# My LTC letter any advice.



## EMTFORHIRE (Nov 11, 2009)

I have riten this short but to the point letter that I am going to turn over when I apply for my LTC what do y'all think? any advice?

11/24/2010​ License To Carry​ My name is EMTFORHIRE. I would like to apply for a License to carry so as to help strengthen my appeal when applying to get a job in law enforcement, also for target practice, competition, protection in my home, and all Lawful Purposes. Currently I have applied for a possition as an Auxiliary Police officer, and I plan on getting a job as a campus Police Officer after I receive my LTC so as to better my chances, and my resume for future applications to local Police departments. Many campus Police Departments require an applicant to already be in possession of an LTC. I thank you for your time and Consideration. 
EMTFORHIRE
Phone- *** *** ****

Email- [email protected]


----------



## jettsixx (Dec 10, 2005)

Good luck sounds ok to me, but I didnt know you had to write a letter now to get an LTC. I thought this was straight to the point:

A well regulated militia, being necessary to the security of a free state, *the right of the people to keep and bear arms, shall not be infringed.*

Oh wait I forgot we live in штат Массачусетс, again good luck.


----------



## EMTFORHIRE (Nov 11, 2009)

I live in Newton and they require a letter. 
"A well regulated militia, being necessary to the security of a free state, *the right of the people to keep and bear arms, shall not be infringed.*

Oh wait I forgot we live in штат Массачусетс, again good luck."
ill throw that in to my list of reasons that I should have an LTC see how it goes over lol.


----------



## 9319 (Jul 28, 2008)

штат Массачусетс

Whats that??


----------



## TopCop24 (Jul 11, 2005)

I hope you used spell check before you sent that letter in. Too many "ands" in my opinion


----------



## jettsixx (Dec 10, 2005)

Javert said:


> штат Массачусетс
> 
> Whats that??


That was the Russian translation I got when I typed in Massachusetts.


----------



## EMTFORHIRE (Nov 11, 2009)

Ha-ha I hadn't proof read it yet just threw it up for opinions on content. 

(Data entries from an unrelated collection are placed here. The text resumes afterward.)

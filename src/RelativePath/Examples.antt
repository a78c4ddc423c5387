-- ===== src/RelativePath/Examples.antt =====
-- Paths of a small workspace, and the theorems at them.
use Prim.Native.Char.{code}
use Prim.Native.String.{String}
use octa.Common.{true, false, [], ◌∷◌, ◌≡◌, ◌↔◌, refl, arith, All}
use octa.Text.{Str, str_eq, len, is_control, strip_prefix, split}
use octa.RelativePath.{
  RelativePath, ok, err, not_normalized, not_portable, validate, is_root, is_within,
}
use octa.RelativePath.Validity.{IsName, IsPath, validate_iff}

abbrev codes : String → Str
codes String.[] = []
codes (String.◌∷◌ c s) = code c ∷ codes s

abbrev path : String → RelativePath
path s = record { text = codes s }

validate_accepts : validate (codes "dist/app") ≡ ok tt
unfolding validate len is_control split
validate_accepts = refl

validate_refuses_parent : validate (codes "dist/../x") ≡ err not_normalized
unfolding validate len is_control split
validate_refuses_parent = refl

validate_refuses_drive : validate (codes "c:/x") ≡ err not_portable
unfolding validate len is_control split
validate_refuses_drive = refl

within_child : is_within (path "dist/app") (path "dist") ≡ true
unfolding is_within is_root strip_prefix
within_child = refl

not_within_sibling : is_within (path "dist-old") (path "dist") ≡ false
unfolding is_within is_root strip_prefix
not_within_sibling = refl

within_grandchild : is_within (path "dist/app/x") (path "dist/app") ≡ true
unfolding is_within is_root strip_prefix
within_grandchild = refl

validate_iff_example : (validate (codes "dist/app") ≡ ok tt) ↔ IsPath (codes "dist/app")
validate_iff_example = validate_iff (codes "dist/app")

two_names : All IsName (codes "dist" ∷ codes "app" ∷ [])
unfolding is_control
two_names = ground arith
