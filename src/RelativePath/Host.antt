-- ===== src/RelativePath/Host.antt =====
-- `from_path`: a host path keeps its names.
use octa.Common.{
  ◌≤◌, some, List, [], ◌∷◌, ◌++◌, ◌≡◌, refl, ap, ◌∙◌, subst, arith, map, All, All-map,
}
use mathlib.Core.List.{append-nil, append_assoc}
use octa.Text.{Str, len, join}
use octa.Text.Split.{Free, split-join}
use octa.RelativePath.{
  RelativePath, PathResult, ok, err, max_cache_string_bytes, slash, validate, new, Component,
  normal, cur_dir, collect_components, from_collected, from_path, root,
}
use octa.RelativePath.Validity.{IsName, IsPath, names_valid, root_valid, validate_iff}
use octa.RelativePath.Containment.{parts}

abbrev pub as_component : Str → Component
as_component p = normal (some p)

collect_names :
    (names out : List Str) → collect_components (map as_component names) out ≡ ok (out ++ names)
unfolding collect_components
collect_names [] out = rw (append-nil out)
collect_names (p ∷ ps) out =
    collect_names ps (out ++ (p ∷ [])) ∙ ap ok (append_assoc out (p ∷ []) ps)

-- A relative host path of file names, with or without a leading `.`, is accepted within the size
-- limit, and the result has these names.
pub from_path_names :
    (p : Str) (ps : List Str)
    → len (join slash (p ∷ ps)) ≤ max_cache_string_bytes
    → All IsName (p ∷ ps)
    → (r : RelativePath) × (from_path (map as_component (p ∷ ps)) ≡ ok r)
      × (from_path (cur_dir ∷ map as_component (p ∷ ps)) ≡ ok r)
      × (parts r ≡ p ∷ ps)
from_path_names p ps size names = (r, accepted, accepted_dot, split_back)
  where
    r : RelativePath
    r = record { text = join slash (p ∷ ps) }

    made : new (join slash (p ∷ ps)) ≡ ok r
    made = unfold new in rw (names_valid p ps size names, new)

    accepted : from_path (map as_component (p ∷ ps)) ≡ ok r
    accepted = unfold from_path in rw (collect_names (p ∷ ps) []) made

    accepted_dot : from_path (cur_dir ∷ map as_component (p ∷ ps)) ≡ ok r
    accepted_dot = unfold from_path collect_components in rw (collect_names ps (p ∷ [])) made

    split_back : parts r ≡ p ∷ ps
    split_back = split-join slash p ps (All-map IsName (Free slash) (p ∷ ps) (λ q n. n.3) names)

new-IsPath : (value : Str) (r : RelativePath) → new value ≡ ok r → IsPath r.text
unfolding new
new-IsPath value r h = go (validate value) refl
  where
    go : (x : PathResult (Unit {0})) → validate value ≡ x → IsPath r.text
    go (ok u) e =
        let same : value ≡ r.text = ground (arith, h, e) in
        subst IsPath same ((validate_iff value).0 e)
    go (err x) e = absurd (ground (arith, h, e))

from_collected-IsPath :
    (x : PathResult (List Str)) (r : RelativePath) → from_collected x ≡ ok r → IsPath r.text
from_collected-IsPath (err e) r h = cc
from_collected-IsPath (ok []) r h =
    let same : root.text ≡ r.text = cc in subst IsPath same ((validate_iff root.text).0 root_valid)
from_collected-IsPath (ok (p ∷ ps)) r h = new-IsPath (join slash (p ∷ ps)) r h

-- Whatever `from_path` accepts is a path.
pub from_path-IsPath :
    (components : List Component) (r : RelativePath) → from_path components ≡ ok r → IsPath r.text
unfolding from_path
from_path-IsPath components r h = from_collected-IsPath (collect_components components []) r h
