-- ===== src/Restore.antt =====
-- crates/octa-cache/src/restore.rs and crates/octa-cache/src/restore/journal.rs: the crash-recoverable
-- replacement of task outputs. The children below hold the execution on durable state, the state and
-- its elementary operations, the transaction, and the theorems.
pub mod Exec
pub mod State
pub mod Transaction
pub mod Roots
pub mod Revert
pub mod Kept
pub mod Recovery
pub mod Atomic
pub mod NewRoot
pub mod Whole
mod Endings
pub mod AllOrNothing
mod Examples
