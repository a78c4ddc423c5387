-- ===== src/Restore/Exec.antt =====
-- The execution of the restore code (crates/octa-cache/src/restore.rs) on durable state: each action
-- on the file system meets a fault of a script. An action happens, or fails and changes nothing, or
-- the process stops in front of it. A script that has ended lets every action happen.
pub mod Ends
pub mod Loops
use octa.Common.{Bool, true, false, List, [], ◌∷◌, if◌then◌else◌}

pub data Fault : Type 0 where
  happens fails stops : Fault

-- The errors that the code tells apart.
pub data RestoreError : Type 0 where
  io_error metadata_error cancelled : RestoreError

-- How a run ends, with the state it leaves and the rest of the script.
pub data Outcome (S A : Type 0) : Type 0 where
  returned : A → S → List Fault → Outcome S A
  raised : RestoreError → S → List Fault → Outcome S A
  stopped : S → Outcome S A

abbrev pub Exec : Type 0 → Type 0 → Type 0
Exec S A = S → List Fault → Outcome S A

module _ {S A : Type 0} where
  abbrev pub pure : A → Exec S A
  pure a s fs = returned a s fs

  abbrev pub raise : RestoreError → Exec S A
  raise e s fs = raised e s fs

module _ {S A B : Type 0} where
  unfoldable pub continue : Outcome S A → (A → Exec S B) → Outcome S B
  continue (returned a s fs) k = k a s fs
  continue (raised e s fs) k = raised e s fs
  continue (stopped s) k = stopped s

  infixl 5 ◌>>=◌ ◌>>◌
  abbrev pub ◌>>=◌ : Exec S A → (A → Exec S B) → Exec S B
  ◌>>=◌ m k s fs = continue (m s fs) k

  abbrev pub ◌>>◌ : Exec S A → Exec S B → Exec S B
  m >> n = m >>= λ _. n

module _ {S : Type 0} where
  -- An atomic change of the durable state that raises `e` when it fails.
  unfoldable pub act : RestoreError → (S → S) → Exec S (Unit {0})
  act e f s [] = returned tt (f s) []
  act e f s (happens ∷ fs) = returned tt (f s) fs
  act e f s (fails ∷ fs) = raised e s fs
  act e f s (stops ∷ fs) = stopped s

  -- An observation that may fail.
  unfoldable pub observe : (S → Bool) → Exec S Bool
  observe f s [] = returned (f s) s []
  observe f s (happens ∷ fs) = returned (f s) s fs
  observe f s (fails ∷ fs) = raised io_error s fs
  observe f s (stops ∷ fs) = stopped s

  -- An action whose effect is not part of the state: making a directory, a flush.
  abbrev pub step : Exec S (Unit {0})
  step = act io_error λ s. s

  -- `check_cancelled`.
  abbrev pub check_cancelled : Exec S (Unit {0})
  check_cancelled = act cancelled λ s. s

  abbrev pub repeat : Exec S (Unit {0}) → List (Unit {0}) → Exec S (Unit {0})
  repeat m [] = pure tt
  repeat m (_ ∷ n) = m >> repeat m n

-- `if let Err(error) = ... { recover; return Err(error) }`.
module _ {S A : Type 0} where
  unfoldable pub on_error : Outcome S A → Exec S (Unit {0}) → Outcome S A
  on_error (returned a s fs) handler = returned a s fs
  on_error (raised e s fs) handler = continue (handler s fs) λ _. raise e
  on_error (stopped s) handler = stopped s

-- `let _ = ...`.
module _ {S : Type 0} where
  unfoldable pub ignoring : Outcome S (Unit {0}) → Outcome S (Unit {0})
  ignoring (returned a s fs) = returned tt s fs
  ignoring (raised e s fs) = returned tt s fs
  ignoring (stopped s) = stopped s

module _ {S T A : Type 0} where
  unfoldable pub with_state : (S → T) → Outcome S A → Outcome T A
  with_state f (returned a s fs) = returned a (f s) fs
  with_state f (raised e s fs) = raised e (f s) fs
  with_state f (stopped s) = stopped (f s)

module _ {S : Type 0} where
  -- `for entry in &journal.roots`, where the body works on the files of one entry.
  unfoldable pub each : Exec S (Unit {0}) → Exec (List S) (Unit {0})
  each body [] fs = returned tt [] fs
  each body (r ∷ rs) fs = elim (body r fs) [
    | returned _ q gs ↦ with_state (λ qs. q ∷ qs) (each body rs gs)
    | raised e q gs ↦ raised e (q ∷ rs) gs
    | stopped q ↦ stopped (q ∷ rs)
  ]

  -- `for entry in journal.roots.iter().rev()`.
  unfoldable pub each_rev : Exec S (Unit {0}) → Exec (List S) (Unit {0})
  each_rev body [] fs = returned tt [] fs
  each_rev body (r ∷ rs) fs = elim (each_rev body rs fs) [
    | returned _ qs gs ↦ with_state (λ q. q ∷ qs) (body r gs)
    | raised e qs gs ↦ raised e (r ∷ qs) gs
    | stopped qs ↦ stopped (r ∷ qs)
  ]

Sent from my Eris using Tapatalk


----------



## TopCop24 (Jul 11, 2005)

Another thing, use your real name not emtforhire:smug:


----------



## EMTFORHIRE (Nov 11, 2009)

TopCop24 said:


> Another thing, use your real name not emtforhire:smug:


ha-ha thats pretty good advice ill throw that in there with jettsixx's advice.


----------



## 263FPD (Oct 29, 2004)

> My name is _ASSASIN_FORHIRE. I would like to apply for a License to carry so as to help strengthen my appeal _to potential clients who want someone whacked_ also for target practice*(on live targets)*, competition, protection in my home, and all Lawful _& Unlawful purposes_. Currently I have applied for a possition as an Auxiliary Police officer, and I plan on getting a job as a campus Police Officer after I receive my LTC so as to better my chances, and my resume for future applications to local Police departments. Many campus Police Departments require an applicant to already be in possession of an LTC. I thank you for your time and Consideration.
> _ASSASIN_FORHIRE
> Phone- *** *** ****


I like it. But don't stop at getting a Class A, Demand a Machinegun permit.:redcarded:


----------



## EMTFORHIRE (Nov 11, 2009)

ha-ha I didnt want to be to honest about my intentions. I mean we are talking about newton not framingham.


----------



## OfficerObie59 (Sep 14, 2007)

The very fact the Newton chief requires you to write a letter is horseshit..."Please sir, please, pretty please, allow me to exercise a constituitonal right..."

We as the police need to get the f*ck out of the firearms permitting business. We're supposed to respect every aspect of the Bill of Rights as incorporated to states except this one...writing a letter for this is no different than them making you right a letter to them asking them to please repsect your right to an attorney during an interrogation that in the end may or may not be good enough.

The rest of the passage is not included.